Малыш вертел головой, тянулся к ней мокрыми губами:
- И завтра купишь, и вчера купишь. А я сегодня хочу...
...А вечером состоялся праздник новичков. Анатолий прохаживался перед ними, как настоящий командир. Я заметила, что галстук его был тщательно разглажен, а на груди появились какие-то значки. Гладенькие, отмытые до блеска, румяные, с подарками в руках, новички стояли как вкопанные. И Леля стояла в новом клетчатом платьице, прижимая к груди белый продолговатый предмет. Анатолий вызывал каждого новичка, рассматривал его тетрадки, карандаши, портфели...
- С такими подарками, брат, отличником надо быть! А тетрадочки-то у тебя чистенькие, новенькие! Смотри, чтоб ни пятнышка не было!.. А это что? Краски? Таких красок у меня у самого нет! А портфель-то, портфель!..
Счастливый малыш отходил на свое место. Каждая вещь от похвалы Анатолия приобретала еще большую ценность.
- Семь лет!.. Ведь это все равно что сорок! Взрослый человек! Школьник! Во как учиться надо!.. Я вас до самой школы с барабаном провожу! С треском!
Ребята смеялись.
У Лели Анатолий взял из рук пенал:
- Вот это пенал так пенал!
Он украдкой посмотрел на опущенные руки девочки: у нее больше ничего не было...
- Вот это пенал так пенал! И с крышкой! Будешь отличницей! Обязательно!

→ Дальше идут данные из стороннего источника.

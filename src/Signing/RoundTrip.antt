-- ===== src/Signing/RoundTrip.antt =====
-- `Verify` on what `Sign` and `SignCanonicalEvidence` return.
use ai_evidence_bom.Prelude.{done, ◌≡◌, refl, true, [], none, some}
use ai_evidence_bom.Text.{codes, text_eq}
use ai_evidence_bom.Text.Order.{text_eq_iff}
use ai_evidence_bom.Time.{Instant}
use ai_evidence_bom.Signing.{
  Bytes, Libraries, Envelope, parse_private_key, parse_public_key, canonical_bytes, sign, sign_raw,
  sign_canonical_evidence, verify, verification_payload, envelope_of, canonical_verification,
  check_signature, digest_of, canonical_signature_message_v2, canonical_payload_type,
  canonicalization_evidence_v2, raw_envelope_version, canonical_envelope_version_v2,
}

-- The texts hold an Ed25519 key and its public key; the libraries verify what they sign and decode
-- what they encode.
pub record IsKeyPair (lib : Libraries) (private_pem public_pem : Bytes) : Type 0 where
  pub private : Bytes
  pub parses_private : parse_private_key lib private_pem ≡ done private
  pub parses_public : parse_public_key lib public_pem ≡ done (lib.public_of private)
  pub verifies :
      (message : Bytes)
      → lib.verify_message (lib.public_of private) message (lib.sign_message private message) ≡ true
  pub decodes : (bytes : Bytes) → lib.base64_decode (lib.base64_encode bytes) ≡ some bytes

module _ (lib : Libraries) (private_pem public_pem : Bytes)
    (pair : IsKeyPair lib private_pem public_pem) where
  -- What `sign` makes of an envelope.
  abbrev signed : (payload message : Bytes) → Instant → Envelope → Envelope
  signed payload message created_at envelope = record envelope {
    algorithm = codes "ed25519";
    created_at = created_at;
    payload_digest = digest_of lib payload;
    public_key_fingerprint = digest_of lib (lib.public_of pair.private);
    signature = lib.base64_encode (lib.sign_message pair.private message);
  }

  sign-done :
      (payload message : Bytes) (created_at : Instant) (envelope : Envelope)
      → sign lib payload message private_pem created_at envelope
        ≡ done (signed payload message created_at envelope)
  unfolding sign
  sign-done payload message created_at envelope = rw (pair.parses_private, sign) refl

  check_signature-signed :
      (payload message : Bytes) (created_at : Instant) (envelope : Envelope)
      → check_signature lib payload message
          (lib.public_of pair.private)
          (signed payload message created_at envelope)
        ≡ none
  unfolding check_signature
  check_signature-signed payload message created_at envelope =
      let public = lib.public_of pair.private in
      rw
        (
          (text_eq_iff (digest_of lib payload) (digest_of lib payload)).1 refl,
          (text_eq_iff (digest_of lib public) (digest_of lib public)).1 refl,
          pair.decodes (lib.sign_message pair.private message),
          pair.verifies message,
          check_signature,
        )
        refl

  -- Verification accepts where the payload is the one that was signed.
  verify-signed :
      (received payload message : Bytes) (created_at : Instant) (envelope : Envelope)
      → verification_payload lib received (signed payload message created_at envelope)
        ≡ done (payload, message)
      → verify lib received (signed payload message created_at envelope) public_pem ≡ none
  unfolding verify text_eq
  verify-signed received payload message created_at envelope h =
      rw (h, pair.parses_public, verify)
        (check_signature-signed payload message created_at envelope)

  -- The raw profile takes the payload as it is.
  raw_payload :
      (payload message : Bytes) (created_at : Instant)
      → verification_payload lib payload
          (signed payload message created_at (envelope_of raw_envelope_version [] []))
        ≡ done (payload, payload)
  unfolding verification_payload text_eq
  raw_payload payload message created_at = refl

  -- The second canonical profile takes the canonical bytes.
  canonical_payload :
      (received payload message canonical : Bytes) (created_at : Instant)
      → canonical_bytes lib received true ≡ done canonical
      → verification_payload lib received (
          signed payload message created_at (
            envelope_of canonical_envelope_version_v2 canonical_payload_type
              canonicalization_evidence_v2))
        ≡ done (canonical, canonical_signature_message_v2 canonical)
  unfolding verification_payload canonical_verification text_eq
  canonical_payload received payload message canonical created_at h =
      rw (h, verification_payload, canonical_verification) refl

  -- Under a key pair, signing a payload raw returns an envelope with which `Verify` accepts the
  -- payload. Where the payload has canonical bytes, signing its evidence returns an envelope with
  -- which `Verify` accepts every payload that has those canonical bytes.
  pub sign-verify :
      (payload : Bytes) (created_at : Instant)
      → ((e : Envelope) × (sign_raw lib payload private_pem created_at ≡ done e)
          × (verify lib payload e public_pem ≡ none))
        × ((canonical : Bytes)
            → canonical_bytes lib payload true ≡ done canonical
            → (e : Envelope) × (sign_canonical_evidence lib payload private_pem created_at ≡ done e)
              × ((received : Bytes)
                  → canonical_bytes lib received true ≡ done canonical
                  → verify lib received e public_pem ≡ none))
  unfolding sign_raw sign_canonical_evidence
  sign-verify payload created_at = (
    (
      _,
      sign-done payload payload created_at _,
      verify-signed payload payload payload created_at (envelope_of raw_envelope_version [] [])
          (raw_payload payload payload created_at),
    ),
    λ canonical h.
        let message = canonical_signature_message_v2 canonical in
        (
          _,
          rw (h, sign_canonical_evidence) (sign-done canonical message created_at _),
          λ received k.
              verify-signed received canonical message created_at
                (envelope_of canonical_envelope_version_v2 canonical_payload_type
                  canonicalization_evidence_v2)
                (canonical_payload received canonical message canonical created_at k),
        ),
  )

Потом он посмотрел подписи на всех подарках: от папы, от тети, от брата, от мамы... А у Лели было написано: "От Лели Колосковой - на память Леле".
Тут Анатолий запнулся. Вскинул вверх брови.

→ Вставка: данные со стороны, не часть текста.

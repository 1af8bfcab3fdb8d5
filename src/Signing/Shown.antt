-- ===== src/Signing/Shown.antt =====
-- The fields of a node that `validateFieldEvidence` accepts.
use ai_evidence_bom.Prelude.{
  ◌≡◌, refl, sym, ◌∙◌, ap, true, [], Option, none, some, All, arith, is_empty, inl, inr, Bool-cases,
  Option-cases,
}
use ai_evidence_bom.Text.{Text}
use ai_evidence_bom.Text.Order.{text_order}
use ai_evidence_bom.Maps.{lookup}
use ai_evidence_bom.Sorting.{find}
use ai_evidence_bom.Platform.{read_text}
use ai_evidence_bom.Model.Graph.{Node, field_version, field_digest, field_property}
use ai_evidence_bom.Model.FieldKey.{FieldKey, claim_key, field_key_order}
use ai_evidence_bom.Model.Resolve.{resolve_claims, resolve_field_evidence}
use ai_evidence_bom.Model.Resolve.Apply.{
  resolve_field_evidence-Mirrors, selected_or, selected_or_else,
}
use ai_evidence_bom.Signing.Identity.{
  validate_claims, validate_field_evidence, check_claims, index_claims,
}
use ai_evidence_bom.Signing.Consistent.{
  IsTrimmed, checked_claim, check_claim-version, check_claim-digest, check_claim-property,
  validate_claims-AreTrimmed,
}

-- The node shows what its claims select, as far as resolving them would change it.
pub record ShowsClaims (node resolved : Node) : Type 0 where
  pub version : resolved.version ≡ node.version
  pub digests :
      (k : Text) → read_text (lookup k resolved.digests) ≡ read_text (lookup k node.digests)
  pub properties :
      (k : Text) → read_text (lookup k resolved.properties) ≡ read_text (lookup k node.properties)

module _ (node : Node) (trimmed : All IsTrimmed node.field_evidence)
    (checked : check_claims node
        (index_claims (resolve_claims node.field_evidence) [])
        node.field_evidence
      ≡ none) where
  shown_version :
      selected_or node.version
        (find claim_key (field_version, []) (resolve_claims node.field_evidence))
      ≡ node.version
  shown_version =
      let k : FieldKey = (field_version, []) in
      elim (Option-cases (find claim_key k (resolve_claims node.field_evidence))) [
        | inl e ↦ rw e refl
        | inr (expected, e) ↦
            let (c, ok, at) = checked_claim node k expected trimmed checked e in
            rw e (sym (check_claim-version node expected c ok (ap (λ (p : FieldKey). p.0) at)))
      ]

  shown_digest :
      (key : Text)
      → read_text (
          selected_or_else
            (lookup key node.digests)
            (find claim_key (field_digest, key) (resolve_claims node.field_evidence)))
        ≡ read_text (lookup key node.digests)
  shown_digest key =
      let k : FieldKey = (field_digest, key) in
      elim (Option-cases (find claim_key k (resolve_claims node.field_evidence))) [
        | inl e ↦ rw e refl
        | inr (expected, e) ↦
            let (c, ok, at) = checked_claim node k expected trimmed checked e in
            let field = ap (λ (p : FieldKey). p.0) at in
            let named = ap (λ (p : FieldKey). read_text (lookup p.1 node.digests)) at in
            rw e (sym (check_claim-digest node expected c ok field) ∙ named)
      ]

  shown_property :
      (key : Text)
      → read_text (
          selected_or_else
            (lookup key node.properties)
            (find claim_key (field_property, key) (resolve_claims node.field_evidence)))
        ≡ read_text (lookup key node.properties)
  shown_property key =
      let k : FieldKey = (field_property, key) in
      elim (Option-cases (find claim_key k (resolve_claims node.field_evidence))) [
        | inl e ↦ rw e refl
        | inr (expected, e) ↦
            let (c, ok, at) = checked_claim node k expected trimmed checked e in
            let field = ap (λ (p : FieldKey). p.0) at in
            let named = ap (λ (p : FieldKey). read_text (lookup p.1 node.properties)) at in
            rw e (sym (check_claim-property node expected c ok field) ∙ named)
      ]

no_claims : (node : Node) → is_empty node.field_evidence ≡ true → resolve_field_evidence node ≡ node
unfolding resolve_field_evidence
no_claims node e = rw e refl

-- Where a copy of a node is the node, and `validateFieldEvidence` finds no problem with it, resolving
-- its claims changes neither its version nor what is read of its digests and properties.
pub validate_field_evidence-ShowsClaims :
    (copy_node : Node → Option Node) (node : Node)
    → copy_node node ≡ some node
    → validate_field_evidence copy_node node ≡ none
    → ShowsClaims node (resolve_field_evidence node)
unfolding validate_field_evidence
validate_field_evidence-ShowsClaims copy_node node copied h =
    elim (Bool-cases (is_empty node.field_evidence)) [
      | inl e ↦
          rw (no_claims node e)
            (record { version = refl; digests = λ k. refl; properties = λ k. refl })
      | inr e ↦
          let claims : validate_claims [] node.field_evidence ≡ none = ground arith in
          let (same, mirrors) = resolve_field_evidence-Mirrors node e in
          let trimmed = validate_claims-AreTrimmed [] node.field_evidence claims in
          let checked : check_claims node (index_claims (resolve_claims node.field_evidence) [])
                node.field_evidence
              ≡ none =
            ground (arith, h, copied, claims, e, same) in
          record {
            version = mirrors.version ∙ rw same (shown_version node trimmed checked);
            digests = λ k.
                ap read_text (mirrors.digests k) ∙ rw same (shown_digest node trimmed checked k);
            properties = λ k.
                ap read_text (mirrors.properties k)
                ∙ rw same (shown_property node trimmed checked k);
          }
    ]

- Как, как? - закричал он, ворочая во все стороны пенал. И, не выдержав, расхохотался: - Да ведь ты же сама Леля Колоскова! Сама!

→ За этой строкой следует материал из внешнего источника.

-- ===== src/SourceAuth/Hex.antt =====
-- Lowercase hexadecimal text and the bytes that it decodes to.
use ai_evidence_bom.Prelude.{
  ℕ, ◌+◌, ◌*◌, ◌<◌, ◌≡◌, refl, sym, ◌∙◌, ap, ap₂, true, false, ◌&&◌, List, [], ◌∷◌, some, arith,
  leb, Option-cases, inl, inr,
}
use ai_evidence_bom.Text.{Text, text_eq, to_lower}
use ai_evidence_bom.SourceAuth.{hex_digit, hex_decode, itself}

-- No character is a capital letter.
abbrev pub IsLowercase : Text → Type 0
IsLowercase [] = Unit
IsLowercase (c ∷ cs) = ((leb b'A' c && leb c b'Z') ≡ false) × IsLowercase cs

pub to_lower-IsLowercase : (s : Text) → text_eq (to_lower itself s) s ≡ true → IsLowercase s
unfolding to_lower text_eq
to_lower-IsLowercase [] h = tt
to_lower-IsLowercase (c ∷ cs) h = (ground arith, to_lower-IsLowercase cs (ground arith))

hex_digit-lt : (c : ℕ) {h : ℕ} → hex_digit c ≡ some h → h < 16
unfolding hex_digit
hex_digit-lt c e = ground arith

hex_digit-injective :
    (c d : ℕ) {h : ℕ}
    → (leb b'A' c && leb c b'Z') ≡ false
    → (leb b'A' d && leb d b'Z') ≡ false
    → hex_digit c ≡ some h
    → hex_digit d ≡ some h
    → c ≡ d
unfolding hex_digit
hex_digit-injective c d u v e f = ground arith

-- A decoded text of two characters and more.
hex_decode-cons :
    (c d : ℕ) (rest : Text) (bytes : List ℕ)
    → hex_decode (c ∷ d ∷ rest) ≡ some bytes
    → (high : ℕ) × (low : ℕ) × (tail : List ℕ) × (hex_digit c ≡ some high)
      × (hex_digit d ≡ some low)
      × (hex_decode rest ≡ some tail)
      × (bytes ≡ (16 * high + low) ∷ tail)
unfolding hex_decode
hex_decode-cons c d rest bytes e = elim (Option-cases (hex_digit c)) [
  | inl n ↦ absurd (ground arith)
  | inr (high, p) ↦ elim (Option-cases (hex_digit d)) [
    | inl n ↦ absurd (ground arith)
    | inr (low, q) ↦ elim (Option-cases (hex_decode rest)) [
      | inl n ↦ absurd (ground arith)
      | inr (tail, r) ↦ (high, low, tail, p, q, r, ground arith)
    ]
  ]
]

byte_parts :
    (h l h' l' : ℕ) (r r' : List ℕ)
    → l < 16
    → l' < 16
    → (16 * h + l) ∷ r ≡ (16 * h' + l') ∷ r'
    → (h ≡ h') × (l ≡ l') × (r ≡ r')
byte_parts h l h' l' r r' p q e = (ground arith, ground arith, ground arith)

pub hex_decode-injective :
    (s t : Text) (bytes : List ℕ)
    → IsLowercase s
    → IsLowercase t
    → hex_decode s ≡ some bytes
    → hex_decode t ≡ some bytes
    → s ≡ t
unfolding hex_decode
hex_decode-injective [] [] bytes u v e f = refl
hex_decode-injective [] (d ∷ []) bytes u v e f = cc
hex_decode-injective [] (c ∷ d ∷ t) bytes u v e f =
    let (h, l, r, p, q, k, x) = hex_decode-cons c d t bytes f in cc
hex_decode-injective (a ∷ []) t bytes u v e f = cc
hex_decode-injective (a ∷ b ∷ s) [] bytes u v e f =
    let (h, l, r, p, q, k, x) = hex_decode-cons a b s bytes e in cc
hex_decode-injective (a ∷ b ∷ s) (c ∷ []) bytes u v e f = cc
hex_decode-injective (a ∷ b ∷ s) (c ∷ d ∷ t) bytes u v e f =
    let (h, l, r, p, q, k, x) = hex_decode-cons a b s bytes e in
    let (h', l', r', p', q', k', x') = hex_decode-cons c d t bytes f in
    let (heads, lows, tails) =
      byte_parts h l h' l' r r' (hex_digit-lt b q) (hex_digit-lt d q') (sym x ∙ x') in
    let first = hex_digit-injective a c u.0 v.0 p (p' ∙ ap some (sym heads)) in
    let second = hex_digit-injective b d u.1.0 v.1.0 q (q' ∙ ap some (sym lows)) in
    ap₂ ◌∷◌ first
      (ap₂ ◌∷◌ second (hex_decode-injective s t r u.1.1 v.1.1 k (k' ∙ ap some (sym tails))))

Леля покраснела, взяла у него из рук пенал и пошла к дому... Ребята смеялись, а она плакала. И сначала шла медленно, потом побежала. Анатолий кинулся за ней, но она скрылась в дверях.
- Анатолий! - крикнула я.
Он поднял голову, подошел к балкону. Он был озадачен, потому что ни разу не видел меня прежде.
- Ей некому дарить, понимаешь?
Он слушал меня, тер ладонью щеку, виноватый и опечаленный. Потом, откинув со лба прядь волос, сказал:
- Я все исправлю! Я не знал!
На другой день к вечеру я услышала у нас в коридоре голос Анатолия. Он пришел ко мне посоветоваться. Сел возле меня на стул, вытащил из кармана небольшой сверточек и осторожно разгладил на коленях батистовый платочек, обвязанный голубым шелком, и красную ленту:
- Сестренка дала...
Я одобрила обе вещи. Анатолий обращался с ними осторожно и неумело. Ленту он навертел на палец и не мог снять ее, а платок, соскользнувший с его колен, нашел под своим ботинком и очень огорчился. Дул на него, тряс за кончик и, свернув в тугую трубочку, наконец спрятал в карман. Потом вздохнул и задумчиво сказал:
- Жаль только, что нет портфеля.
Я показала ему свой:
- Здесь сломан замочек.
- О, я сделаю! - Он схватил портфель с видом знатока, вытащил из кармана перочинный нож, выковырнул замок, вывернул весь портфель наизнанку и заявил мне, что завтра он будет готов, чему я не очень-то поверила, глядя на зияющую дырку вместо замка и растрепанную подкладку.
Но пока он работал, мне доставляло удовольствие смотреть, как, схватив двумя пальцами нижнюю губу, он по-взрослому хмурит брови или, выкручивая замок, посвистывает сквозь зубы. А прядь волос щекочет ему лоб и лезет на глаза... Ушел он очень довольный... А на другой день он забежал на одну минутку, принес блестящий, неузнаваемый портфель, без конца щелкал у меня над ухом новым замком и объяснял, каким сложным составом он помазал кожу, чтобы она блестела.
- Правда, она липнет к рукам и издает запах...
Потом он положил в портфель платок, ленту и ушел.
А вечером, прижавшись щекой к перилам, я не отрываясь смотрела на Лелю: она стояла в строю со своим пеналом.
Анатолий держал в руках портфель:
- Ребята! Вот этот портфель меня просили передать девочке, которая помогает своей бабушке и нянчит братишку, а зовут ее Леля Колоскова! Есть такая?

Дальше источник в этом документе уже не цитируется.